Trois ans après avoir inauguré, non sans succès ses Journées suisses d’histoire, la Société suisse d’histoire (SSH) en organise, en collaboration avec le séminaire d’histoire de l’université de Bâle, une deuxième édition, qui aura lieu en février 2010. Comme en 2007, cette manifestation s’adresse à la fois aux historiens de profession, aux membres du corps enseignant et aux étudiants, suisses ou étrangers, dont l’histoire est l’une des disciplines, ainsi qu’à toute personne intéressée.

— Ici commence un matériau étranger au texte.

-- ===== src/Dispatcher/Active.antt =====
-- `ActiveDevices` of src/device.h, and the dispatch of a device type over it. `enabled` is
-- `DeviceEnabled` by the number of the device type.
use Prim.Native.String.{String}
use infini_rt.Base.{ℕ, ◌≡◌, refl, Bool, true, not, ◌&&◌, if◌then◌else◌, List, map, arith}
use infini_rt.Device.{DeviceType, count, type_int, type_eq, all_device_types}
use infini_rt.Traits.{contains, filter_list}
use infini_rt.Dispatcher.Outcome.{Action, failed, ReturnType, Result}
use infini_rt.Dispatcher.Single.{dispatch_func}
use infini_rt.Dispatcher.Reached.{refusal, dispatch_func_lem, contains-filter_list}

unfoldable pub active_devices : (ℕ → Bool) → List ℕ
active_devices enabled = filter_list enabled (map type_int all_device_types)

contains-all_device_types :
    (d : DeviceType) → contains (map type_int all_device_types) (type_int d) ≡ not (type_eq d count)
contains-all_device_types d = ground arith

module _ {W : Type 0} where
  -- The dispatch of a device type over the active devices reaches the functor exactly where the
  -- build enables the type. The type `kCount` is never active.
  pub active_devices-dispatch_func :
      (r : ReturnType) (enabled : ℕ → Bool) (device : DeviceType) (func : ℕ → Action W (Result r))
      (context : String) (w : W)
      → dispatch_func r (λ tag. true) (active_devices enabled) (type_int device) func context w ≡ (
          if enabled (type_int device) && not (type_eq device count)
          then func (type_int device) w
          else (
            failed (
                refusal r
                  (filter_list (λ tag. true) (active_devices enabled))
                  (type_int device)
                  context),
            w,
          ))
  unfolding active_devices
  active_devices-dispatch_func r enabled device func context w =
      rw
        (
          dispatch_func_lem r (λ tag. true) (active_devices enabled) (type_int device) func context
              w,
          contains-filter_list enabled (map type_int all_device_types) (type_int device),
          contains-all_device_types device,
        )
        refl
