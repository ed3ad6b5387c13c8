-- ===== src/Dispatcher/Multi.antt =====
-- The dispatch of several values, of src/dispatcher.h, one list of allowed values for each.
use Prim.Native.String.{String}
use infini_rt.Base.{ℕ, suc, ◌%◌, ◌^◌, true, List, [], ◌∷◌, ◌++◌, Option, none, some, get_elem?}
use infini_rt.Dispatcher.Outcome.{out_of_range, Action, fail, ReturnType, Result}
use infini_rt.Dispatcher.Single.{dispatch_func}

-- A dimension's list, which the `static_assert` wants not to be empty, and the width in bits of
-- `EnumType`, the common type of its values. An integer of w bits is read as its bit pattern.
pub record Dimension : Type 0 where
  pub width : ℕ
  pub head : ℕ
  pub tail : List ℕ

-- `static_cast<EnumType>(value)` of an `int64_t`.
abbrev pub to_enum : ℕ → ℕ → ℕ
to_enum width value = value % 2 ^ width

module _ {W : Type 0} (r : ReturnType) (values : List ℕ) (func : List ℕ → Action W (Result r))
    (context : String) where
  -- `values.at(index)`, and the dispatch of the value that it gives; `recurse` is the adapter, which
  -- takes every tag.
  unfoldable pub dispatch_at :
      Dimension → (ℕ → Action W (Result r)) → Option ℕ → Action W (Result r)
  dispatch_at d recurse none = fail out_of_range
  dispatch_at d recurse (some value) =
      dispatch_func r (λ tag. true) (d.head ∷ d.tail) (to_enum d.width value) recurse context

  -- `MultiDispatchFirstDim`.
  unfoldable pub first_dim : Dimension → ℕ → (ℕ → Action W (Result r)) → Action W (Result r)
  first_dim d index recurse = dispatch_at d recurse (get_elem? values index)

  -- The two overloads, with all dimensions resolved and with one to go.
  unfoldable pub dispatch_values : List Dimension → ℕ → List ℕ → Action W (Result r)
  dispatch_values [] index items = func items
  dispatch_values (d ∷ rest) index items =
      first_dim d index (λ tag. dispatch_values rest (suc index) (items ++ (tag ∷ [])))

Le thème du congrès: «Frontières»
Le thème choisi suggère aussi bien les mutations actuelles dans les frontières intérieures et extérieures de l’Europe que les processus d’intégration et d’exclusion, objets depuis un certain temps déjà de discussions animées parmi les historiens, ou que le rôle fondamental des espaces, tel qu’il est apparu dans le sillage du spacial turn. Par ailleurs, il y a un lien entre le thème du congrès et la ville où il se tiendra: Bâle se situe géographiquement au point de rencontre de trois pays; son université accorde une place prééminente à cette problématique dans sa planification stratégique, puisque l’un des trois blocs thématiques de son domaine prioritaire «Culture» est intitulé «Fondements et frontières de l’Europe».

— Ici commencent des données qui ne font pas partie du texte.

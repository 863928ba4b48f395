-- ===== src/StateServer/Server.antt =====
-- src/stateserver/state_server.cpp: the objects of a state server, and its own messages. `_distObjs`
-- has pointers to the objects: each one stands here with its state.
pub mod Identifiers
pub mod Safe
pub mod Consistent
pub mod Delivery
use ardos.Prelude.{
  ℕ, Bool, true, false, ◌&&◌, Option, none, some, List, [], ◌∷◌, ◌++◌, ◌==◌, if◌then◌else◌,
}
use ardos.Prelude.Action.{Action, Result, ok, err, pure, modify, gets, ◌>>=◌, ◌>>◌, catch_eof}
use ardos.Dc.{Dc}
use ardos.Net.Datagram.{Datagram, empty, header_to_all, add_uint64}
use ardos.Net.DatagramIterator.{DatagramIterator, get_uint16, get_uint32, get_uint64, seek_payload}
use ardos.Net.Items.{start}
use ardos.StateServer.Messages.{
  bchan_stateservers, stateserver_create_object_with_required,
  stateserver_create_object_with_required_other, stateserver_delete_ai_objects,
}
use ardos.StateServer.DistributedObject.{
  DistributedObject, Effect, published, subscribed, removed, Call,
}
use ardos.StateServer.DistributedObject.Life.{construct, init_object}
use ardos.StateServer.DistributedObject.Handle.{handle_datagram}

abbrev pub Objects : Type 0
Objects = List (ℕ × DistributedObject)

abbrev pub find_object : ℕ → Objects → Option DistributedObject
find_object k [] = none
find_object k ((j, o) ∷ os) = let rest = find_object k os in if k == j then some o else rest

abbrev pub put_object : ℕ → DistributedObject → Objects → Objects
put_object k o [] = (k, o) ∷ []
put_object k o ((j, p) ∷ os) =
    let rest = put_object k o os in if k == j then (k, o) ∷ os else (j, p) ∷ rest

abbrev pub erase_object : ℕ → Objects → Objects
erase_object k [] = []
erase_object k ((j, o) ∷ os) =
    let rest = erase_object k os in if k == j then rest else (j, o) ∷ rest

pub record StateServer : Type 0 where
  pub channel : ℕ
  pub dist_objs : Objects
  -- What the server and its objects published and subscribed to.
  pub effects : List Effect

-- A member function of the server at work, with the iterator of the datagram that it handles.
pub record Work : Type 0 where
  pub server : StateServer
  pub dgi : DatagramIterator

unfoldable pub receiving {ℓ} : {A : Type ℓ} → Action DatagramIterator A → Action Work A
receiving m w = let r = m w.dgi in (r.0, record w { dgi = r.1 })

unfoldable pub current : Action Work StateServer
current w = (ok w.server, w)

unfoldable pub alter : (StateServer → StateServer) → Action Work (Unit {0})
alter f = modify λ (w : Work). record w { server = f w.server }

-- StateServer::StateServer, for the channel of the configuration
unfoldable pub new_server : ℕ → StateServer
new_server channel = record {
  channel = channel;
  dist_objs = [];
  effects = subscribed channel ∷ subscribed bchan_stateservers ∷ [];
}

-- StateServer::RemoveDistributedObject
unfoldable pub remove_distributed_object : ℕ → StateServer → StateServer
remove_distributed_object do_id server = record server {
  dist_objs = erase_object do_id server.dist_objs;
}

-- The objects that an AI manages by its own word.
unfoldable pub managed_by : ℕ → Objects → List ℕ
managed_by ai [] = []
managed_by ai ((do_id, o) ∷ os) =
    let rest = managed_by ai os in
    if (o.ai_channel == ai) && o.ai_explicitly_set then do_id ∷ rest else rest

abbrev pub publish_built : Result (Unit {0}) × Datagram → Action Work (Unit {0})
publish_built (ok _, dg) w = (
  ok tt,
  record w { server = record w.server { effects = w.server.effects ++ published dg ∷ [] } },
)
publish_built (err e, dg) w = (err e, w)

unfoldable pub handle_delete_ai : ℕ → Action Work (Unit {0})
unfolding get_uint64 managed_by header_to_all add_uint64
handle_delete_ai sender = do
  ai ← receiving get_uint64
  server ← current
  publish_built (
      (do
        header_to_all (managed_by ai server.dist_objs) sender stateserver_delete_ai_objects
        add_uint64 ai)
        empty)

-- A call of the object ends: what it published goes to the log of the server.
abbrev pub logged : List Effect → Action Work (Unit {0})
logged log = alter λ server. record server { effects = server.effects ++ log }

module _ (dc : Dc) where
  -- Init of a new object, which subscribed to its channel; then it is one of the server's.
  abbrev pub keep_object : ℕ → Result (Unit {0}) × Call → Action Work (Unit {0})
  keep_object do_id (ok _, c) = do
    logged c.log
    alter λ server. record server { dist_objs = put_object do_id c.object server.dist_objs }
  keep_object do_id (err e, c) = do logged c.log; λ w. (err e, w)

  unfoldable pub start_object : ℕ → DistributedObject → Action Work (Unit {0})
  unfolding init_object
  start_object do_id o w =
      keep_object do_id
        (init_object dc (record { object = o; log = subscribed do_id ∷ []; dgi = w.dgi })) w

  -- The tests of HandleGenerate, by what stands under the identifier and for the class.
  unfoldable pub generate :
      ℕ → ℕ → ℕ → Bool → Option DistributedObject → Option ℕ → Action Work (Unit {0})
  unfolding construct start_object
  generate do_id parent zone other (some o) dclass = pure tt
  generate do_id parent zone other none none = pure tt
  generate do_id parent zone other none (some dclass) = do
    o ← receiving (construct dc do_id parent zone dclass other)
    start_object do_id o

  unfoldable pub handle_generate : Bool → Action Work (Unit {0})
  unfolding get_uint32 get_uint16 generate
  handle_generate other = do
    do_id ← receiving get_uint32
    parent ← receiving get_uint32
    zone ← receiving get_uint32
    dc_id ← receiving get_uint16
    server ← current
    generate do_id parent zone other (find_object do_id server.dist_objs) (dc.get_class dc_id)

  -- The switch over the message type.
  unfoldable pub handle_server_message : Action Work (Unit {0})
  unfolding get_uint64 get_uint16 handle_generate handle_delete_ai
  handle_server_message = do
    sender ← receiving get_uint64
    msg_type ← receiving get_uint16
    if msg_type == stateserver_create_object_with_required
        then handle_generate false
        else if msg_type == stateserver_create_object_with_required_other
        then handle_generate true
        else if msg_type == stateserver_delete_ai_objects
        then handle_delete_ai sender
        else pure tt

  -- StateServer::HandleDatagram
  unfoldable pub handle_server_datagram : Action Work (Unit {0})
  unfolding seek_payload handle_server_message
  handle_server_datagram = do
    receiving seek_payload
    catch_eof handle_server_message >>= λ _. pure tt

  -- A datagram for an object of the server: HandleDatagram of the object, with the calls on the
  -- server that it makes.
  abbrev pub apply_removals : List Effect → StateServer → StateServer
  apply_removals [] server = server
  apply_removals (removed do_id ∷ es) server =
      apply_removals es (remove_distributed_object do_id server)
  apply_removals (e ∷ es) server = apply_removals es server

  abbrev pub after_call : ℕ → Call → StateServer → StateServer
  after_call do_id c server = apply_removals c.log (record server {
    dist_objs = put_object do_id c.object server.dist_objs;
    effects = server.effects ++ c.log;
  })

  abbrev pub handled_by : Option DistributedObject → ℕ → Datagram → StateServer → StateServer
  handled_by none do_id dg server = server
  handled_by (some o) do_id dg server =
      after_call do_id (handle_datagram dc (record { object = o; log = []; dgi = start dg })).1
        server

  unfoldable pub deliver_to_object : ℕ → Datagram → StateServer → StateServer
  unfolding handle_datagram remove_distributed_object
  deliver_to_object do_id dg server =
      handled_by (find_object do_id server.dist_objs) do_id dg server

Ayant donc pris pour thème des deuxièmes Journées suisses d’histoire la notion de «frontières», la SSH invite à présenter des propositions de panels, qui peuvent inclure toutes les périodes historiques et de multiples approches thématiques, méthodiques et conceptuelles. Le terme doit s’entendre en premier lieu comme une catégorie de perception et peut englober aussi bien l’établissement ou l’abolition des frontières que leur passage ou leur transgression, tant au sens physique que métaphysique.
Espaces politiques, constructions historiques et identités culturelles
Actuellement, les frontières semblent perdre leur signification, les relations suprarégionales et internationales, les processus transnationaux et les structures globales marquent de manière croissante les économies, les communications et les mentalités. Mais en même temps, on constate curieusement que les frontières deviennent de plus en plus l’objet de débats politiques, ainsi que de réflexions dans le milieu des historiens. Et cela non seulement dans la perspective de l’établissement et du renforcement des frontières nationales depuis le XIXe siècle; on se souvient qu’antérieurement, une autre image de la frontière avait prédominé, celle du péage lié aux ponts et aux routes de col, se matérialisant de manière ponctuelle et non sous la forme d’une ligne continue, et cette image est capable de remettre en question certains préjugés. Les frontières peuvent séparer et limiter, mais d’un autre côté elles offrent protection et points de repère. A cet égard, il convient de prendre en considération des aspects qui, au-delà de la géographie, relèvent de l’histoire politique, économique et finalement culturelle, par exemple lorsqu’il est question de l’identification des personnes ou des groupes qui sont (ou qui devraient être) inclues ou exclues par les frontières, ou qui, volontairement ou non, agissent (ou ont agi) en «frontaliers», voire en «nomades», mettant ainsi à l’épreuve la perméabilité des frontières.
Frontières globales
L’abolition des frontières économiques et douanières, la prise de conscience croissante de la globalisation et des liens internationaux ne signifient pas la fin des frontières. Bien au contraire, des processus nouveaux et ambivalents sont en cours visant à la construction intellectuelle de frontières que l’on cherche à fonder historiquement et à légitimer, que ce soit dans les débats sur les «limites de l’Europe», dans le renforcement et la «défense» des frontières européennes face à l’Afrique en Italie, en Grèce et en Espagne ou dans la définition vivement discutée de «cercles» devant servir à délimiter les Etats dont les ressortissants sont souhaités ou non comme immigrants en Suisse.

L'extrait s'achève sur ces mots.